Zack Snyder’s ‘Dawn of the Dead’ is Better As A Sequel Than A Remake

dawn of the dead

When the survivors in the 1978 Dawn of the Dead are holed up in a mall, they pause their shopping spree to take stock of the zombies at the door. Francine asks, “What the hell are they?” to which Peter replies: “They’re us.” And just like that, the late George A. Romero indicts his generation point blank. Zack Snyder’s Dawn of the Dead, written by James Gunn, may not hit with the same sledgehammer, but still eviscerates its generation of slackers at the same consumer dead end. Does the 2004 remake have a shot of a zombie pushing a shopping cart with Muzak in the background? No. But Snyder’s movie is about another doomed generation caught in the meat grinder of late-stage capitalism, set to Disturbed’s “Down With The Sickness“.

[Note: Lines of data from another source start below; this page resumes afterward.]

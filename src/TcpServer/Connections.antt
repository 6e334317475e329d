-- ===== src/TcpServer/Connections.antt =====
-- No connection is overwritten, and each is forgotten once.
use mtnet.Prelude.{
  append_cancel, ℕ, ◌+◌, ◌≡◌, ◌≢◌, ◌<◌, ◌⊎◌, refl, sym, ap, ◌∙◌, inl, inr, true, List, [], ◌∷◌,
  ◌++◌, Option, none, some, ok, err, assertion, arith, Bool-cases,
}
use mtnet.Prelude.Maps.{update, update_self, update_ne}
use mtnet.EventLoopThreadPool.{EventLoopThreadPool, get_next_loop, is_empty}
use mtnet.EventLoopThreadPool.RoundRobin.{
  IsDealing, advanced, advanced-IsDealing, get_next_loop_lem,
}
use mtnet.TcpServer.Defs.{
  TcpServer, Connection, connect_established, connect_destroyed, conn_name, new_connection,
  remove_connection_in_loop, update_name, eqb_name,
}
use mtnet.TcpServer.Names.{eqb_name_iff, update_name_self, update_name_ne}

-- `getNextLoop` can be called: there are no threads, or the next loop is one of them.
abbrev pub IsReady : EventLoopThreadPool → Type 0
IsReady p = (is_empty p.loops ≡ true) ⊎ IsDealing p

get_next_loop-IsReady :
    (p : EventLoopThreadPool)
    → IsReady p
    → (l : ℕ) × (q : EventLoopThreadPool) × (get_next_loop p ≡ ok (l, q)) × IsReady q
unfolding get_next_loop
get_next_loop-IsReady p (inl e) = (p.base_loop, p, rw e, inl e)
get_next_loop-IsReady p (inr v) =
    let (l, here, done) = get_next_loop_lem p v in
    (l, advanced p, done, inr (advanced-IsDealing p v))

-- "#%d" prints different numbers differently.
abbrev pub IsInjective : (ℕ → List ℕ) → Type 0
IsInjective format = (a b : ℕ) → format a ≡ format b → a ≡ b

-- A registered name is that of the connection that it leads to, and was made from a number that was
-- used.
abbrev pub Registered : (ℕ → List ℕ) → TcpServer → List ℕ → ℕ → Type 0
Registered format s n a =
    (c : Connection) × (k : ℕ) × (s.connection_at a ≡ some c)
    × (c.name ≡ n)
    × (k < s.next_conn_id)
    × (n ≡ s.name ++ format k)

pub record IsValid (format : ℕ → List ℕ) (s : TcpServer) : Type 0 where
  pub ready : IsReady s.thread_pool
  pub registered : (n : List ℕ) (a : ℕ) → s.connections n ≡ some a → Registered format s n a

module _ (format : ℕ → List ℕ) (injective : IsInjective format) where
  -- The next name is not in use.
  conn_name-fresh : (s : TcpServer) → IsValid format s → s.connections (conn_name format s) ≡ none
  conn_name-fresh s v = go (s.connections (conn_name format s)) refl
    where
      go : (o : Option ℕ) → s.connections (conn_name format s) ≡ o → o ≡ none
      go none e = refl
      go (some a) e =
          let (c, k, at, name, used, made) = v.registered (conn_name format s) a e in
          let same : s.next_conn_id ≡ k =
            injective s.next_conn_id k
              (append_cancel s.name (format s.next_conn_id) (format k) made) in
          absurd (omega (arith, same, used))

  pub new_connection-Registered :
      (s t : TcpServer) (c : Connection) (address : ℕ)
      → IsValid format s
      → s.connection_at address ≡ none
      → t.name ≡ s.name
      → t.next_conn_id ≡ s.next_conn_id + 1
      → t.connections ≡ update_name s.connections (conn_name format s) (some address)
      → t.connection_at ≡ update s.connection_at address (some c)
      → c.name ≡ conn_name format s
      → (n : List ℕ) (a : ℕ) → t.connections n ≡ some a
      → Registered format t n a
  new_connection-Registered s t c address v free name_same id map heap named n a reg =
      elim (Bool-cases (eqb_name n (conn_name format s))) [
        | inl e ↦
            let is_new : n ≡ conn_name format s = (eqb_name_iff n (conn_name format s)).0 e in
            let found : some address ≡ some a =
              sym (rw e refl) ∙ ap (λ (f : List ℕ → Option ℕ). f n) (sym map) ∙ reg in
            let own : address ≡ a = cc in
            (
              c,
              s.next_conn_id,
              ap t.connection_at (sym own)
                  ∙ ap (λ (f : ℕ → Option Connection). f address) heap
                  ∙ update_self s.connection_at address (some c),
              named ∙ sym is_new,
              omega (arith, id),
              is_new ∙ ap (λ m. m ++ format s.next_conn_id) (sym name_same),
            )
        | inr e ↦
            let old : s.connections n ≡ some a =
              sym (update_name_ne s.connections (conn_name format s) (some address) n e)
              ∙ ap (λ (f : List ℕ → Option ℕ). f n) (sym map)
              ∙ reg in
            let (d, k, at, dn, used, made) = v.registered n a old in
            let other : a ≢ address =
              λ same. some-none d (sym at ∙ ap s.connection_at same ∙ free) in
            (
              d,
              k,
              ap (λ (f : ℕ → Option Connection). f a) heap
                  ∙ update_ne s.connection_at address (some c) a other
                  ∙ at,
              dn,
              omega (arith, id, used),
              made ∙ ap (λ m. m ++ format k) (sym name_same),
            )
      ]
    where
      some-none : (d : Connection) → some d ≡ none → ⊥
      some-none d h = cc

  -- A new connection on a valid server, where the numbers are printed differently and `new` returned an
  -- unused address: the
  -- name that it gets is not in use, so that no connection is dropped from the map; it is entered
  -- under that name, all other entries stay, and `connectEstablished` is handed to the loop that the
  -- connection belongs to.
  pub new_connection_lem :
      (s : TcpServer) (address sockfd : ℕ)
      → IsValid format s
      → s.connection_at address ≡ none
      → (c : Connection) × (t : TcpServer) × (new_connection format address sockfd s ≡ ok t)
        × IsValid format t
        × (s.connections c.name ≡ none)
        × (t.connections ≡ update_name s.connections c.name (some address))
        × (t.connection_at ≡ update s.connection_at address (some c))
        × (t.requests ≡ s.requests ++ connect_established c.loop address ∷ [])
  unfolding new_connection
  new_connection_lem s address sockfd v free =
      let (l, q, dealt, ready) = get_next_loop-IsReady s.thread_pool v.ready in
      let c : Connection = record { name = conn_name format s; loop = l; sockfd = sockfd } in
      let t : TcpServer = record s {
        next_conn_id = s.next_conn_id + 1;
        thread_pool = q;
        connections = update_name s.connections (conn_name format s) (some address);
        connection_at = update s.connection_at address (some c);
        requests = s.requests ++ connect_established l address ∷ [];
      } in
      (
        c,
        t,
        rw dealt,
        record {
          ready = ready;
          registered = new_connection-Registered s t c address v free refl refl refl refl refl;
        },
        conn_name-fresh s v,
        refl,
        refl,
        refl,
      )

-- The removal of a registered connection from a valid server succeeds: its assertion holds.
-- Its name is free afterwards, all other entries and the connection itself stay, and
-- `connectDestroyed` is handed to the loop that the connection belongs to.
pub remove_connection_in_loop_lem :
    (format : ℕ → List ℕ) (s : TcpServer) (n : List ℕ) (a : ℕ)
    → IsValid format s
    → s.connections n ≡ some a
    → (c : Connection) × (t : TcpServer) × (s.connection_at a ≡ some c)
      × (c.name ≡ n)
      × (remove_connection_in_loop a s ≡ ok t)
      × IsValid format t
      × (t.connections ≡ update_name s.connections n none)
      × (t.connection_at ≡ s.connection_at)
      × (t.requests ≡ s.requests ++ connect_destroyed c.loop a ∷ [])
unfolding remove_connection_in_loop
remove_connection_in_loop_lem format s n a v reg =
    let (c, k, at, named, used, made) = v.registered n a reg in
    let t : TcpServer = record s {
      connections = update_name s.connections n none;
      requests = s.requests ++ connect_destroyed c.loop a ∷ [];
    } in
    (
      c,
      t,
      at,
      named,
      rw (at, named, reg),
      record { ready = v.ready; registered = left },
      refl,
      refl,
      refl,
    )
  where
    left :
        (m : List ℕ) (b : ℕ) → update_name s.connections n none m ≡ some b → Registered format s m b
    left m b h = elim (Bool-cases (eqb_name m n)) [
      | inl e ↦ let gone : none ≡ some b = sym (rw e refl) ∙ h in absurd (none-some b gone)
      | inr e ↦ v.registered m b (sym (update_name_ne s.connections n none m e) ∙ h)
    ]
      where
        none-some : (d : ℕ) → none ≡ some d → ⊥
        none-some d p = cc

-- On a valid server, a second removal of the same connection stops at its assertion, which
-- is the case if a connection is closed twice.
pub remove_connection_in_loop-twice :
    (format : ℕ → List ℕ) (s : TcpServer) (n : List ℕ) (a : ℕ)
    → IsValid format s
    → s.connections n ≡ some a
    → (t : TcpServer) × (remove_connection_in_loop a s ≡ ok t)
      × (remove_connection_in_loop a t ≡ err assertion)
unfolding remove_connection_in_loop
remove_connection_in_loop-twice format s n a v reg =
    let (c, t, at, named, done, valid, map, heap, asked) =
      remove_connection_in_loop_lem format s n a v reg in
    let still : t.connection_at a ≡ some c = ap (λ (f : ℕ → Option Connection). f a) heap ∙ at in
    let gone : t.connections c.name ≡ none =
      ap t.connections named
      ∙ ap (λ (f : List ℕ → Option ℕ). f n) map
      ∙ update_name_self s.connections n none in
    (t, done, rw (still, gone))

Snyder’s Dawn of the Dead, which turned 20 this year, is widely regarded as among the best horror remakes of the 2000s, though was roundly rejected by Romero. Far be it from me to disagree with the father of the zombie movie, but Snyder’s movie, in retrospect, does for Generation X what Romero’s movie did for Baby Boomers. This isn’t to say both movies are operating at the same pitch. Romero’s movie is a satire, whereas Snyder’s is the American sibling to 28 Days Later. Surprisingly, it has also aged better as a 21st century appendix to the conversation started in 1978. Or better yet, Snyder’s Dawn of the Dead is the Gen X sequel to Romero’s Baby Boomer original. A legacy sequel, if you will.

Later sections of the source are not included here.